According to one aspect of the present invention there is provided a decoder for speech signals comprising:
means for receiving magnitude spectral information for synthesis of a time-varying signal;
means for computing, from the magnitude spectral information, phase spectrum information corresponding to a minimum phase filter which has a magnitude spectrum corresponding to the magnitude spectral information;
means for generating, from the magnitude spectral information and the phase spectral information, the time-varying signal; and
phase adjustment means operable to modify the phase spectrum of the signal.
In another aspect the invention provides a decoder for decoding speech signals comprising information defining the response of a minimum phase synthesis filter and, for synthesis of an excitation signal, magnitude spectral information, the decoder comprising:
means for generating, from the magnitude spectral information, an excitation signal;
a synthesis filter controlled by the response information and connected to filter the excitation signal; and
phase adjustment means for estimating a phase-adjustment signal to modify the phase of the signal.
In a further aspect, the invention provides a method of coding and decoding speech signals, comprising:
(a) generating signals representing the magnitude spectrum of the speech signal;
(b) receiving the signals;
(c) generating from the received signals a synthetic speech signal having a magnitude spectrum determined by the received signals and having a phase spectrum which corresponds to a transfer function having, when considered as a z-plane plot, at least one pole outside the unit circle.

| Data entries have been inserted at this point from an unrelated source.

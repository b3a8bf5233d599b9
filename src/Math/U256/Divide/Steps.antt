-- ===== src/Math/U256/Divide/Steps.antt =====
-- `div_loop` at each index, for a divisor of two, three and four words.
use elysium_dex.Base.{
  ℕ, ◌+◌, ◌*◌, ◌^◌, ◌≤◌, ◌<◌, ◌≡◌, ◌⊎◌, inl, inr, refl, ap, ◌∙◌, arith, Bool, true, false, ltb,
  ltb→lt, if◌then◌else◌,
}
use elysium_dex.Base.Words.{u64_mod, sub_u128, add_u128}
use elysium_dex.Errors.{Result, ok, panic, unwrap, ◌>>=◌}
use elysium_dex.Math.U256.{U256Muldiv, items, lo, get_word, update_word}
use elysium_dex.Math.U256.Divide.{div_loop, subtract_row, add_row, add_back}
use elysium_dex.Math.U256.Divide.Estimate.{Tops, Within, first_estimate, first_rest}
use elysium_dex.Math.U256.Divide.Rows.{
  two_words, three_words, four_words, subtract_2, subtract_3, subtract_4, restore_2, restore_3,
  restore_4, subtract_2-Subtracts, times_word,
}
use elysium_dex.Math.U256.Divide.Digit.{Corrected, IsDivided}
use elysium_dex.Math.U256.Divide.Words.{
  tops, Words2, Words3, Words4, corrected_2, corrected_3, corrected_4,
}

pub then_returns :
    {A B : Type 0} (m : Result A) (f : A → Result B) {a : A} {b : Result B}
    → m ≡ ok a
    → f a ≡ b
    → (m >>= f) ≡ b
then_returns m f e g = ap (λ r. r >>= f) e ∙ g

chosen_then :
    {A B : Type 0} (test : Bool) (r s : Result A) (f : A → Result B)
    → test ≡ true
    → ((if test then r else s) >>= f) ≡ (r >>= f)
chosen_then true r s f e = refl
chosen_then false r s f e = cc

chosen_else :
    {A B : Type 0} (test : Bool) (r s : Result A) (f : A → Result B)
    → test ≡ false
    → ((if test then r else s) >>= f) ≡ (s >>= f)
chosen_else true r s f e = cc
chosen_else false r s f e = refl

-- What a round of the division returns: the digit, and the dividend's words after it.
abbrev pub Round : Type 0
Round = U256Muldiv × U256Muldiv × ℕ

-- An estimate from the top words that is more than the quotient.
abbrev pub Overestimates : Tops → (w v : ℕ) → Type 0
Overestimates t w v = (q : ℕ) × Within t q × (w < q * v)

-- The words of a remainder: their number, and that they are words.
module _ {T : Type 0} (number : T → ℕ) (Words : T → Type 0) where
  -- A round that returns, with the digit and the remainder of a division of `w` by `v`.
  abbrev pub Leaves : (w v : ℕ) (result : Result Round) (expected : ℕ → T → Round) → Type 0
  Leaves w v result expected =
      (digit : ℕ) × (rest : T) × (result ≡ ok (expected digit rest))
      × IsDivided w v digit (number rest)
      × Words rest

  keeps_or_lowers :
      (w v head q k carry : ℕ) (s a : T) (result : Result Round) (expected : ℕ → T → ℕ → Round)
      → Corrected w v head q (number s) k (number a) carry
      → Words s
      → Words a
      → (ltb head k ≡ false → result ≡ ok (expected (lo q) s (lo (sub_u128 head k))))
      → (ltb head k ≡ true
          → result
            ≡ ok (expected (lo (sub_u128 q 1)) a (lo (add_u128 (lo (sub_u128 head k)) carry))))
      → Leaves w v result λ digit rest. expected digit rest 0
  keeps_or_lowers w v head q k carry s a result expected (inl (test, none, divided)) hs ha f g =
      let e = f test ∙ ap (λ z. ok (expected (lo q) s z)) none in (lo q, s, e, divided, hs)
  keeps_or_lowers w v head q k carry s a result expected (inr (test, none, over, divided)) hs ha f
        g =
      let e = g test ∙ ap (λ z. ok (expected (lo (sub_u128 q 1)) a z)) none in
      (lo (sub_u128 q 1), a, e, divided, ha)

  -- With the head in the carry space a digit that has to be lowered panics: the estimate fits the
  -- top words, and is too large for the whole numbers.
  keeps_or_panics :
      (t : Tops) (w v head q k carry : ℕ) (s a : T) (result : Result Round)
      (expected : ℕ → T → ℕ → Round)
      → Corrected w v head q (number s) k (number a) carry
      → Words s
      → Within t q
      → (ltb head k ≡ false → result ≡ ok (expected (lo q) s (lo (sub_u128 head k))))
      → (ltb head k ≡ true → result ≡ panic)
      → Leaves w v result (λ digit rest. expected digit rest 0)
        ⊎ (result ≡ panic × Overestimates t w v)
  keeps_or_panics t w v head q k carry s a result expected (inl (test, none, divided)) hs within f
        g =
      let e = f test ∙ ap (λ z. ok (expected (lo q) s z)) none in inl (lo q, s, e, divided, hs)
  keeps_or_panics t w v head q k carry s a result expected (inr (test, none, over, divided)) hs
        within f g =
      inr (g test, (q, within, over))

abbrev pub number_2 : ℕ × ℕ → ℕ
number_2 (a, b) = two_words a b

abbrev pub number_3 : ℕ × ℕ × ℕ → ℕ
number_3 (a, b, c) = three_words a b c

abbrev pub number_4 : ℕ × ℕ × ℕ × ℕ → ℕ
number_4 (a, b, c, d) = four_words a b c d

-- With two words the estimate is exact.
two_words_suffice :
    (x0 x1 x2 y0 y1 q : ℕ)
    → Words2 (x0, x1)
    → Words2 (y0, y1)
    → q < u64_mod
    → Within (tops y1 y0 x2 x1 x0) q
    → x2 < (subtract_2 q x0 x1 y0 y1).2
    → ⊥
two_words_suffice x0 x1 x2 y0 y1 q (h0, h1) (g0, g1) hq within lt =
    let (row, a, b) = subtract_2-Subtracts q x0 x1 y0 y1 hq h0 h1 g0 g1 in
    let product = times_word q y0 y1 in omega (arith, row, product, within)

pub div_loop-0_2 :
    (x0 x1 x2 z0 c y0 y1 : ℕ) (quotient : U256Muldiv)
    → Words2 (x0, x1)
    → Words2 (y0, y1)
    → 2 ^ 63 ≤ y1
    → two_words x0 x1 + 2 ^ 128 * x2 < u64_mod * (two_words y0 y1)
    → Leaves number_2 Words2
        (two_words x0 x1 + 2 ^ 128 * x2)
        (two_words y0 y1)
        (div_loop 0 2 (items x0 x1 x2 z0) c (items y0 y1 0 0) quotient)
        (λ digit rest. (record quotient { item_0 = digit }, items rest.0 rest.1 0 z0, c))
unfolding div_loop subtract_row add_row add_back get_word update_word first_estimate first_rest
div_loop-0_2 x0 x1 x2 z0 c y0 y1 quotient hx hy top small =
    let (q, found, hq, within, (corrected, hs, ha)) = corrected_2 x0 x1 x2 y0 y1 hx hy top small in
    let s = subtract_2 q x0 x1 y0 y1 in
    let a = restore_2 s.0 s.1 y0 y1 in
    keeps_or_lowers number_2 Words2 (two_words x0 x1 + 2 ^ 128 * x2) (two_words y0 y1) x2 q s.2 a.2
      (s.0, s.1) (a.0, a.1) (div_loop 0 2 (items x0 x1 x2 z0) c (items y0 y1 0 0) quotient)
      (λ digit rest head. (record quotient { item_0 = digit }, items rest.0 rest.1 head z0, c))
      corrected hs ha (λ e. then_returns _ _ (ap unwrap found) (chosen_else _ _ _ _ e))
      λ e. then_returns _ _ (ap unwrap found) (chosen_then _ _ _ _ e)

pub div_loop-1_2 :
    (x0 x1 x2 z0 c y0 y1 : ℕ) (quotient : U256Muldiv)
    → Words2 (x0, x1)
    → Words2 (y0, y1)
    → 2 ^ 63 ≤ y1
    → two_words x0 x1 + 2 ^ 128 * x2 < u64_mod * (two_words y0 y1)
    → Leaves number_2 Words2
        (two_words x0 x1 + 2 ^ 128 * x2)
        (two_words y0 y1)
        (div_loop 1 2 (items z0 x0 x1 x2) c (items y0 y1 0 0) quotient)
        (λ digit rest. (record quotient { item_1 = digit }, items z0 rest.0 rest.1 0, c))
unfolding div_loop subtract_row add_row add_back get_word update_word first_estimate first_rest
div_loop-1_2 x0 x1 x2 z0 c y0 y1 quotient hx hy top small =
    let (q, found, hq, within, (corrected, hs, ha)) = corrected_2 x0 x1 x2 y0 y1 hx hy top small in
    let s = subtract_2 q x0 x1 y0 y1 in
    let a = restore_2 s.0 s.1 y0 y1 in
    keeps_or_lowers number_2 Words2 (two_words x0 x1 + 2 ^ 128 * x2) (two_words y0 y1) x2 q s.2 a.2
      (s.0, s.1) (a.0, a.1) (div_loop 1 2 (items z0 x0 x1 x2) c (items y0 y1 0 0) quotient)
      (λ digit rest head. (record quotient { item_1 = digit }, items z0 rest.0 rest.1 head, c))
      corrected hs ha (λ e. then_returns _ _ (ap unwrap found) (chosen_else _ _ _ _ e))
      λ e. then_returns _ _ (ap unwrap found) (chosen_then _ _ _ _ e)

pub div_loop-0_3 :
    (x0 x1 x2 x3 c y0 y1 y2 : ℕ) (quotient : U256Muldiv)
    → Words3 (x0, x1, x2)
    → Words3 (y0, y1, y2)
    → 2 ^ 63 ≤ y2
    → three_words x0 x1 x2 + 2 ^ 192 * x3 < u64_mod * (three_words y0 y1 y2)
    → Leaves number_3 Words3
        (three_words x0 x1 x2 + 2 ^ 192 * x3)
        (three_words y0 y1 y2)
        (div_loop 0 3 (items x0 x1 x2 x3) c (items y0 y1 y2 0) quotient)
        (λ digit rest. (record quotient { item_0 = digit }, items rest.0 rest.1 rest.2 0, c))
unfolding div_loop subtract_row add_row add_back get_word update_word first_estimate first_rest
div_loop-0_3 x0 x1 x2 x3 c y0 y1 y2 quotient hx hy top small =
    let (q, found, hq, within, (corrected, hs, ha)) =
      corrected_3 x0 x1 x2 x3 y0 y1 y2 hx hy top small in
    let s = subtract_3 q x0 x1 x2 y0 y1 y2 in
    let a = restore_3 s.0 s.1 s.2 y0 y1 y2 in
    keeps_or_lowers number_3 Words3 (three_words x0 x1 x2 + 2 ^ 192 * x3) (three_words y0 y1 y2) x3
      q s.3 a.3 (s.0, s.1, s.2) (a.0, a.1, a.2)
      (div_loop 0 3 (items x0 x1 x2 x3) c (items y0 y1 y2 0) quotient)
      (λ digit rest head. (record quotient { item_0 = digit }, items rest.0 rest.1 rest.2 head, c))
      corrected hs ha (λ e. then_returns _ _ (ap unwrap found) (chosen_else _ _ _ _ e))
      λ e. then_returns _ _ (ap unwrap found) (chosen_then _ _ _ _ e)

pub div_loop-2_2 :
    (x0 x1 x2 z0 z1 y0 y1 : ℕ) (quotient : U256Muldiv)
    → Words2 (x0, x1)
    → Words2 (y0, y1)
    → 2 ^ 63 ≤ y1
    → two_words x0 x1 + 2 ^ 128 * x2 < u64_mod * (two_words y0 y1)
    → Leaves number_2 Words2
        (two_words x0 x1 + 2 ^ 128 * x2)
        (two_words y0 y1)
        (div_loop 2 2 (items z0 z1 x0 x1) x2 (items y0 y1 0 0) quotient)
        (λ digit rest. (record quotient { item_2 = digit }, items z0 z1 rest.0 rest.1, 0))
unfolding div_loop subtract_row add_row add_back get_word update_word first_estimate first_rest
div_loop-2_2 x0 x1 x2 z0 z1 y0 y1 quotient hx hy top small =
    let (q, found, hq, within, (corrected, hs, ha)) = corrected_2 x0 x1 x2 y0 y1 hx hy top small in
    let s = subtract_2 q x0 x1 y0 y1 in
    let a = restore_2 s.0 s.1 y0 y1 in
    keeps_or_lowers number_2 Words2 (two_words x0 x1 + 2 ^ 128 * x2) (two_words y0 y1) x2 q s.2 a.2
      (s.0, s.1) (a.0, a.1) (div_loop 2 2 (items z0 z1 x0 x1) x2 (items y0 y1 0 0) quotient)
      (λ digit rest head. (record quotient { item_2 = digit }, items z0 z1 rest.0 rest.1, head))
      corrected hs ha (λ e. then_returns _ _ (ap unwrap found) (chosen_else _ _ _ _ e))
      λ e. absurd (two_words_suffice x0 x1 x2 y0 y1 q hx hy hq within (ltb→lt _ _ e))

pub div_loop-1_3 :
    (x0 x1 x2 x3 z0 y0 y1 y2 : ℕ) (quotient : U256Muldiv)
    → Words3 (x0, x1, x2)
    → Words3 (y0, y1, y2)
    → 2 ^ 63 ≤ y2
    → three_words x0 x1 x2 + 2 ^ 192 * x3 < u64_mod * (three_words y0 y1 y2)
    → Leaves number_3 Words3
        (three_words x0 x1 x2 + 2 ^ 192 * x3)
        (three_words y0 y1 y2)
        (div_loop 1 3 (items z0 x0 x1 x2) x3 (items y0 y1 y2 0) quotient)
        (λ digit rest. (record quotient { item_1 = digit }, items z0 rest.0 rest.1 rest.2, 0))
      ⊎ (div_loop 1 3 (items z0 x0 x1 x2) x3 (items y0 y1 y2 0) quotient ≡ panic
          × Overestimates
              (tops y2 y1 x3 x2 x1)
              (three_words x0 x1 x2 + 2 ^ 192 * x3)
              (three_words y0 y1 y2))
unfolding div_loop subtract_row add_row add_back get_word update_word first_estimate first_rest
div_loop-1_3 x0 x1 x2 x3 z0 y0 y1 y2 quotient hx hy top small =
    let (q, found, hq, within, (corrected, hs, ha)) =
      corrected_3 x0 x1 x2 x3 y0 y1 y2 hx hy top small in
    let s = subtract_3 q x0 x1 x2 y0 y1 y2 in
    let a = restore_3 s.0 s.1 s.2 y0 y1 y2 in
    keeps_or_panics number_3 Words3 (tops y2 y1 x3 x2 x1) (three_words x0 x1 x2 + 2 ^ 192 * x3)
      (three_words y0 y1 y2) x3 q s.3 a.3 (s.0, s.1, s.2) (a.0, a.1, a.2)
      (div_loop 1 3 (items z0 x0 x1 x2) x3 (items y0 y1 y2 0) quotient)
      (λ digit rest head. (record quotient { item_1 = digit }, items z0 rest.0 rest.1 rest.2, head))
      corrected hs within (λ e. then_returns _ _ (ap unwrap found) (chosen_else _ _ _ _ e))
      λ e. then_returns _ _ (ap unwrap found) (chosen_then _ _ _ _ e)

pub div_loop-0_4 :
    (x0 x1 x2 x3 x4 y0 y1 y2 y3 : ℕ) (quotient : U256Muldiv)
    → Words4 (x0, x1, x2, x3)
    → Words4 (y0, y1, y2, y3)
    → 2 ^ 63 ≤ y3
    → four_words x0 x1 x2 x3 + 2 ^ 256 * x4 < u64_mod * (four_words y0 y1 y2 y3)
    → Leaves number_4 Words4
        (four_words x0 x1 x2 x3 + 2 ^ 256 * x4)
        (four_words y0 y1 y2 y3)
        (div_loop 0 4 (items x0 x1 x2 x3) x4 (items y0 y1 y2 y3) quotient)
        (λ digit rest. (record quotient { item_0 = digit }, items rest.0 rest.1 rest.2 rest.3, 0))
      ⊎ (div_loop 0 4 (items x0 x1 x2 x3) x4 (items y0 y1 y2 y3) quotient ≡ panic
          × Overestimates
              (tops y3 y2 x4 x3 x2)
              (four_words x0 x1 x2 x3 + 2 ^ 256 * x4)
              (four_words y0 y1 y2 y3))
unfolding div_loop subtract_row add_row add_back get_word update_word first_estimate first_rest
div_loop-0_4 x0 x1 x2 x3 x4 y0 y1 y2 y3 quotient hx hy top small =
    let (q, found, hq, within, (corrected, hs, ha)) =
      corrected_4 x0 x1 x2 x3 x4 y0 y1 y2 y3 hx hy top small in
    let s = subtract_4 q x0 x1 x2 x3 y0 y1 y2 y3 in
    let a = restore_4 s.0 s.1 s.2 s.3 y0 y1 y2 y3 in
    keeps_or_panics number_4 Words4 (tops y3 y2 x4 x3 x2) (four_words x0 x1 x2 x3 + 2 ^ 256 * x4)
      (four_words y0 y1 y2 y3) x4 q s.4 a.4 (s.0, s.1, s.2, s.3) (a.0, a.1, a.2, a.3)
      (div_loop 0 4 (items x0 x1 x2 x3) x4 (items y0 y1 y2 y3) quotient)
      (λ digit rest head.
        (record quotient { item_0 = digit }, items rest.0 rest.1 rest.2 rest.3, head))
      corrected hs within (λ e. then_returns _ _ (ap unwrap found) (chosen_else _ _ _ _ e))
      λ e. then_returns _ _ (ap unwrap found) (chosen_then _ _ _ _ e)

Some embodiments of the invention will now be described, by way of example, with reference to the accompanying drawings, in which:
FIG. 1 is a block diagram of a known speech coder and decoder;
FIG. 2 illustrates a model of the human vocal system;
FIG. 3 is a block diagram of a speech decoder according to one embodiment of the present invention;
FIGS. 4 and 5 are charts showing test results obtained for the decoder of FIG. 3;
FIG. 6 is a graph of the shape of a (known) Rosenberg pulse;
FIG. 7 is a block diagram of a second form of speech decoder according to the invention;
FIG. 8 is a block diagram of a known type of speech coder;
FIG. 9 is a block diagram of a third embodiment of decoder in accordance with the invention, for use with the coder of FIG. 9; and
FIG. 10 is a z-plane plot illustrating the invention.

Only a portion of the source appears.